▶ **Exercise**:
Return the entries below precisely, omitting nothing.

☆ ☆ ☆

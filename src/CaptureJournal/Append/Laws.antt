-- ===== src/CaptureJournal/Append/Laws.antt =====
-- What an append leaves on disk, whatever becomes of the write (internal/capturejournal/journal.go).
use atb.Prelude.{
  ℕ, zero, suc, ◌+◌, ◌≡◌, refl, sym, ap, ◌∙◌, subst, String, false, not, List, [], ◌∷◌, ◌++◌,
  Option, none, some, length, ltb, if◌then◌else◌, arith, append_assoc',
}
use atb.Prelude.Int.{ℤ, pos, negsuc, eqb_ℤ, ltb_ℤ}
use atb.Prelude.Result.{ok, ◌>>◌, fail_if, fail_if-then, ok_injective}
use atb.Canonicalize.{Platform}
use atb.HashChain.{genesis_hash}
use atb.Bundle.Load.Lines.{HasNoLineFeed, raw_lines}
use atb.CaptureJournal.{
  Entry, EntryCodec, closed, failed_before, unsupported_version, no_observation_id, compute_hash,
  max_line_bytes,
}
use atb.CaptureJournal.Space.{trim_space, is_blank}
use atb.CaptureJournal.Space.Laws.{trim_space-line}
use atb.CaptureJournal.Read.{Journal, read_line, read_lines, last_hash}
use atb.CaptureJournal.Read.Bytes.{IsComplete, IsComplete-more, raw_lines-more}
use atb.CaptureJournal.Read.Laws.{IsNext, IsJournal, read_line-next, read_lines-snoc}
use atb.CaptureJournal.Append.{prepare, hashed, placed, with_version, last_position, next_int}

-- What encoding/json does with the entry: an object on one line, which is read back as the entry.
pub record IsEncoded (c : EntryCodec) (e : Entry) : Type 0 where
  pub body : List ℕ
  pub object : c.encode e ≡ 123 ∷ (body ++ 125 ∷ [])
  pub on_one_line : HasNoLineFeed (c.encode e)
  pub read_back : c.decode (c.encode e) ≡ some e

last_position-IsJournal :
    (pf : Platform) (n : ℕ) (prev : String) (e : Entry) (es : List Entry)
    → IsJournal pf n prev (e ∷ es)
    → last_position (e ∷ es) ≡ pos (n + length (e ∷ es))
last_position-IsJournal pf n prev e [] h = h.0.in_place
last_position-IsJournal pf n prev e (f ∷ es) h =
    last_position-IsJournal pf (suc n) e.hash f es h.1 ∙ ap pos (omega arith)

-- The place behind a journal is the next one.
next_position :
    (pf : Platform) (es : List Entry)
    → IsJournal pf 0 genesis_hash es
    → next_int (last_position es) ≡ pos (length es + 1)
next_position pf [] h = refl
next_position pf (e ∷ es) h =
    ap next_int (last_position-IsJournal pf 0 genesis_hash e es h) ∙ ap pos (omega arith)

supported_is_one :
    (v : ℤ)
    → ltb_ℤ v (pos 0) ≡ false
    → ltb_ℤ (pos 1) (if eqb_ℤ v (pos 0) then pos 1 else v) ≡ false
    → (if eqb_ℤ v (pos 0) then pos 1 else v) ≡ pos 1
supported_is_one (pos zero) p q = refl
supported_is_one (pos (suc zero)) p q = refl
supported_is_one (pos (suc (suc n))) p q = absurd (ground arith)
supported_is_one (negsuc n) p q = cc

hashed-ok :
    (pf : Platform) (e e' : Entry) (o : Option String)
    → hashed e o ≡ ok e'
    → compute_hash pf e ≡ o
    → (h : String) × (e' ≡ record e { hash = h })
      × (compute_hash pf (record e { hash = h }) ≡ some h)
unfolding hashed compute_hash
hashed-ok pf e e' none p q = cc
hashed-ok pf e e' (some h) p q = (h, sym (ok_injective p), q)

-- What Append will write is the next entry of the journal.
pub prepare-IsNext :
    (pf : Platform) (j : Journal) (e e' : Entry)
    → IsJournal pf 0 genesis_hash j.entries
    → ltb_ℤ e.format_version (pos 0) ≡ false
    → prepare pf j e ≡ ok e'
    → IsNext pf (length j.entries) (last_hash genesis_hash j.entries) e'
unfolding prepare
prepare-IsNext pf j e e' h v p =
    let fifth = hashed (placed j.entries e) (compute_hash pf (placed j.entries e)) in
    let fourth = fail_if (is_blank e.observation_id) no_observation_id >> fifth in
    let version = (with_version e).format_version in
    let third = fail_if (ltb_ℤ (pos 1) version) (unsupported_version version) >> fourth in
    let second = fail_if j.failed failed_before >> third in
    let q =
      (fail_if-then j.failed failed_before third
        (fail_if-then (not j.is_open) closed second p).1).1 in
    let (w, r) = fail_if-then (ltb_ℤ (pos 1) version) (unsupported_version version) fourth q in
    let (b, s) = fail_if-then (is_blank e.observation_id) no_observation_id fifth r in
    let (hash, same, right) =
      hashed-ok pf (placed j.entries e) e' (compute_hash pf (placed j.entries e)) s refl in
    subst (IsNext pf (length j.entries) (last_hash genesis_hash j.entries)) (sym same) (record {
      version_one = supported_is_one e.format_version v w;
      in_place = next_position pf j.entries h;
      on_previous = refl;
      hash_right = right;
    })

-- A line with the next entry is read as that entry.
read_line-encoded :
    (pf : Platform) (c : EntryCodec) (i n : ℕ) (prev : String) (e : Entry)
    → IsEncoded c e
    → IsNext pf n prev e
    → ltb max_line_bytes (length (c.encode e ++ 10 ∷ [])) ≡ false
    → read_line pf c i n prev (c.encode e ++ 10 ∷ []) ≡ ok (some e)
read_line-encoded pf c i n prev e enc next fits =
    let tail = enc.body ++ 125 ∷ [] in
    let trimmed : trim_space (c.encode e ++ 10 ∷ []) ≡ 123 ∷ tail =
      ap (λ l. trim_space (l ++ 10 ∷ [])) enc.object
      ∙ ap (λ l. trim_space (123 ∷ l)) (append_assoc' enc.body (125 ∷ []) (10 ∷ []))
      ∙ trim_space-line enc.body in
    read_line-next pf c i n prev (c.encode e ++ 10 ∷ []) 123 tail e trimmed
      (subst (λ l. c.decode l ≡ some e) enc.object enc.read_back) next fits

-- The file's bytes hold the entries, and end in a line feed.
pub record Holds (pf : Platform) (c : EntryCodec) (bytes : List ℕ) (es : List Entry) : Type 0 where
  pub ended : IsComplete bytes
  pub lines_read : read_lines pf c 1 0 genesis_hash (raw_lines bytes) ≡ ok es

-- The file with one more line.
pub Holds-more :
    (pf : Platform) (c : EntryCodec) (bytes : List ℕ) (es : List Entry) (e : Entry)
    → Holds pf c bytes es
    → IsEncoded c e
    → IsNext pf (length es) (last_hash genesis_hash es) e
    → ltb max_line_bytes (length (c.encode e ++ 10 ∷ [])) ≡ false
    → Holds pf c (bytes ++ (c.encode e ++ 10 ∷ [])) (es ++ e ∷ [])
Holds-more pf c bytes es e h enc next fits = record {
  ended = IsComplete-more bytes (c.encode e);
  lines_read =
      ap (read_lines pf c 1 0 genesis_hash)
        (raw_lines-more bytes (c.encode e) h.ended enc.on_one_line)
      ∙ read_lines-snoc pf c 1 0 genesis_hash (raw_lines bytes) (c.encode e ++ 10 ∷ []) es e
          h.lines_read
          (λ j.
            subst
              (λ k.
                read_line pf c j k (last_hash genesis_hash es) (c.encode e ++ 10 ∷ [])
                ≡ ok (some e))
              (omega arith)
              (read_line-encoded pf c j (length es) (last_hash genesis_hash es) e enc next fits));
}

☆ ☆ ☆

▶ **Exercise result**:
filename src/CaptureJournal/Append/Laws.antt
-- ===== src/CaptureJournal/Append/Laws.antt =====
-- What an append leaves on disk, whatever becomes of the write (internal/capturejournal/journal.go).
use atb.Prelude.{
  ℕ, zero, suc, ◌+◌, ◌≡◌, refl, sym, ap, ◌∙◌, subst, String, false, not, List, [], ◌∷◌, ◌++◌,
  Option, none, some, length, ltb, if◌then◌else◌, arith, append_assoc',
}
use atb.Prelude.Int.{ℤ, pos, negsuc, eqb_ℤ, ltb_ℤ}
use atb.Prelude.Result.{ok, ◌>>◌, fail_if, fail_if-then, ok_injective}
use atb.Canonicalize.{Platform}
use atb.HashChain.{genesis_hash}
use atb.Bundle.Load.Lines.{HasNoLineFeed, raw_lines}
use atb.CaptureJournal.{
  Entry, EntryCodec, closed, failed_before, unsupported_version, no_observation_id, compute_hash,
  max_line_bytes,
}
use atb.CaptureJournal.Space.{trim_space, is_blank}
use atb.CaptureJournal.Space.Laws.{trim_space-line}
use atb.CaptureJournal.Read.{Journal, read_line, read_lines, last_hash}
use atb.CaptureJournal.Read.Bytes.{IsComplete, IsComplete-more, raw_lines-more}
use atb.CaptureJournal.Read.Laws.{IsNext, IsJournal, read_line-next, read_lines-snoc}
use atb.CaptureJournal.Append.{prepare, hashed, placed, with_version, last_position, next_int}

-- What encoding/json does with the entry: an object on one line, which is read back as the entry.
pub record IsEncoded (c : EntryCodec) (e : Entry) : Type 0 where
  pub body : List ℕ
  pub object : c.encode e ≡ 123 ∷ (body ++ 125 ∷ [])
  pub on_one_line : HasNoLineFeed (c.encode e)
  pub read_back : c.decode (c.encode e) ≡ some e

last_position-IsJournal :
    (pf : Platform) (n : ℕ) (prev : String) (e : Entry) (es : List Entry)
    → IsJournal pf n prev (e ∷ es)
    → last_position (e ∷ es) ≡ pos (n + length (e ∷ es))
last_position-IsJournal pf n prev e [] h = h.0.in_place
last_position-IsJournal pf n prev e (f ∷ es) h =
    last_position-IsJournal pf (suc n) e.hash f es h.1 ∙ ap pos (omega arith)

-- The place behind a journal is the next one.
next_position :
    (pf : Platform) (es : List Entry)
    → IsJournal pf 0 genesis_hash es
    → next_int (last_position es) ≡ pos (length es + 1)
next_position pf [] h = refl
next_position pf (e ∷ es) h =
    ap next_int (last_position-IsJournal pf 0 genesis_hash e es h) ∙ ap pos (omega arith)

supported_is_one :
    (v : ℤ)
    → ltb_ℤ v (pos 0) ≡ false
    → ltb_ℤ (pos 1) (if eqb_ℤ v (pos 0) then pos 1 else v) ≡ false
    → (if eqb_ℤ v (pos 0) then pos 1 else v) ≡ pos 1
supported_is_one (pos zero) p q = refl
supported_is_one (pos (suc zero)) p q = refl
supported_is_one (pos (suc (suc n))) p q = absurd (ground arith)
supported_is_one (negsuc n) p q = cc

hashed-ok :
    (pf : Platform) (e e' : Entry) (o : Option String)
    → hashed e o ≡ ok e'
    → compute_hash pf e ≡ o
    → (h : String) × (e' ≡ record e { hash = h })
      × (compute_hash pf (record e { hash = h }) ≡ some h)
unfolding hashed compute_hash
hashed-ok pf e e' none p q = cc
hashed-ok pf e e' (some h) p q = (h, sym (ok_injective p), q)

-- What Append will write is the next entry of the journal.
pub prepare-IsNext :
    (pf : Platform) (j : Journal) (e e' : Entry)
    → IsJournal pf 0 genesis_hash j.entries
    → ltb_ℤ e.format_version (pos 0) ≡ false
    → prepare pf j e ≡ ok e'
    → IsNext pf (length j.entries) (last_hash genesis_hash j.entries) e'
unfolding prepare
prepare-IsNext pf j e e' h v p =
    let fifth = hashed (placed j.entries e) (compute_hash pf (placed j.entries e)) in
    let fourth = fail_if (is_blank e.observation_id) no_observation_id >> fifth in
    let version = (with_version e).format_version in
    let third = fail_if (ltb_ℤ (pos 1) version) (unsupported_version version) >> fourth in
    let second = fail_if j.failed failed_before >> third in
    let q =
      (fail_if-then j.failed failed_before third
        (fail_if-then (not j.is_open) closed second p).1).1 in
    let (w, r) = fail_if-then (ltb_ℤ (pos 1) version) (unsupported_version version) fourth q in
    let (b, s) = fail_if-then (is_blank e.observation_id) no_observation_id fifth r in
    let (hash, same, right) =
      hashed-ok pf (placed j.entries e) e' (compute_hash pf (placed j.entries e)) s refl in
    subst (IsNext pf (length j.entries) (last_hash genesis_hash j.entries)) (sym same) (record {
      version_one = supported_is_one e.format_version v w;
      in_place = next_position pf j.entries h;
      on_previous = refl;
      hash_right = right;
    })

-- A line with the next entry is read as that entry.
read_line-encoded :
    (pf : Platform) (c : EntryCodec) (i n : ℕ) (prev : String) (e : Entry)
    → IsEncoded c e
    → IsNext pf n prev e
    → ltb max_line_bytes (length (c.encode e ++ 10 ∷ [])) ≡ false
    → read_line pf c i n prev (c.encode e ++ 10 ∷ []) ≡ ok (some e)
read_line-encoded pf c i n prev e enc next fits =
    let tail = enc.body ++ 125 ∷ [] in
    let trimmed : trim_space (c.encode e ++ 10 ∷ []) ≡ 123 ∷ tail =
      ap (λ l. trim_space (l ++ 10 ∷ [])) enc.object
      ∙ ap (λ l. trim_space (123 ∷ l)) (append_assoc' enc.body (125 ∷ []) (10 ∷ []))
      ∙ trim_space-line enc.body in
    read_line-next pf c i n prev (c.encode e ++ 10 ∷ []) 123 tail e trimmed
      (subst (λ l. c.decode l ≡ some e) enc.object enc.read_back) next fits

-- The file's bytes hold the entries, and end in a line feed.
pub record Holds (pf : Platform) (c : EntryCodec) (bytes : List ℕ) (es : List Entry) : Type 0 where
  pub ended : IsComplete bytes
  pub lines_read : read_lines pf c 1 0 genesis_hash (raw_lines bytes) ≡ ok es

-- The file with one more line.
pub Holds-more :
    (pf : Platform) (c : EntryCodec) (bytes : List ℕ) (es : List Entry) (e : Entry)
    → Holds pf c bytes es
    → IsEncoded c e
    → IsNext pf (length es) (last_hash genesis_hash es) e
    → ltb max_line_bytes (length (c.encode e ++ 10 ∷ [])) ≡ false
    → Holds pf c (bytes ++ (c.encode e ++ 10 ∷ [])) (es ++ e ∷ [])
Holds-more pf c bytes es e h enc next fits = record {
  ended = IsComplete-more bytes (c.encode e);
  lines_read =
      ap (read_lines pf c 1 0 genesis_hash)
        (raw_lines-more bytes (c.encode e) h.ended enc.on_one_line)
      ∙ read_lines-snoc pf c 1 0 genesis_hash (raw_lines bytes) (c.encode e ++ 10 ∷ []) es e
          h.lines_read
          (λ j.
            subst
              (λ k.
                read_line pf c j k (last_hash genesis_hash es) (c.encode e ++ 10 ∷ [])
                ≡ ok (some e))
              (omega arith)
              (read_line-encoded pf c j (length es) (last_hash genesis_hash es) e enc next fits));
}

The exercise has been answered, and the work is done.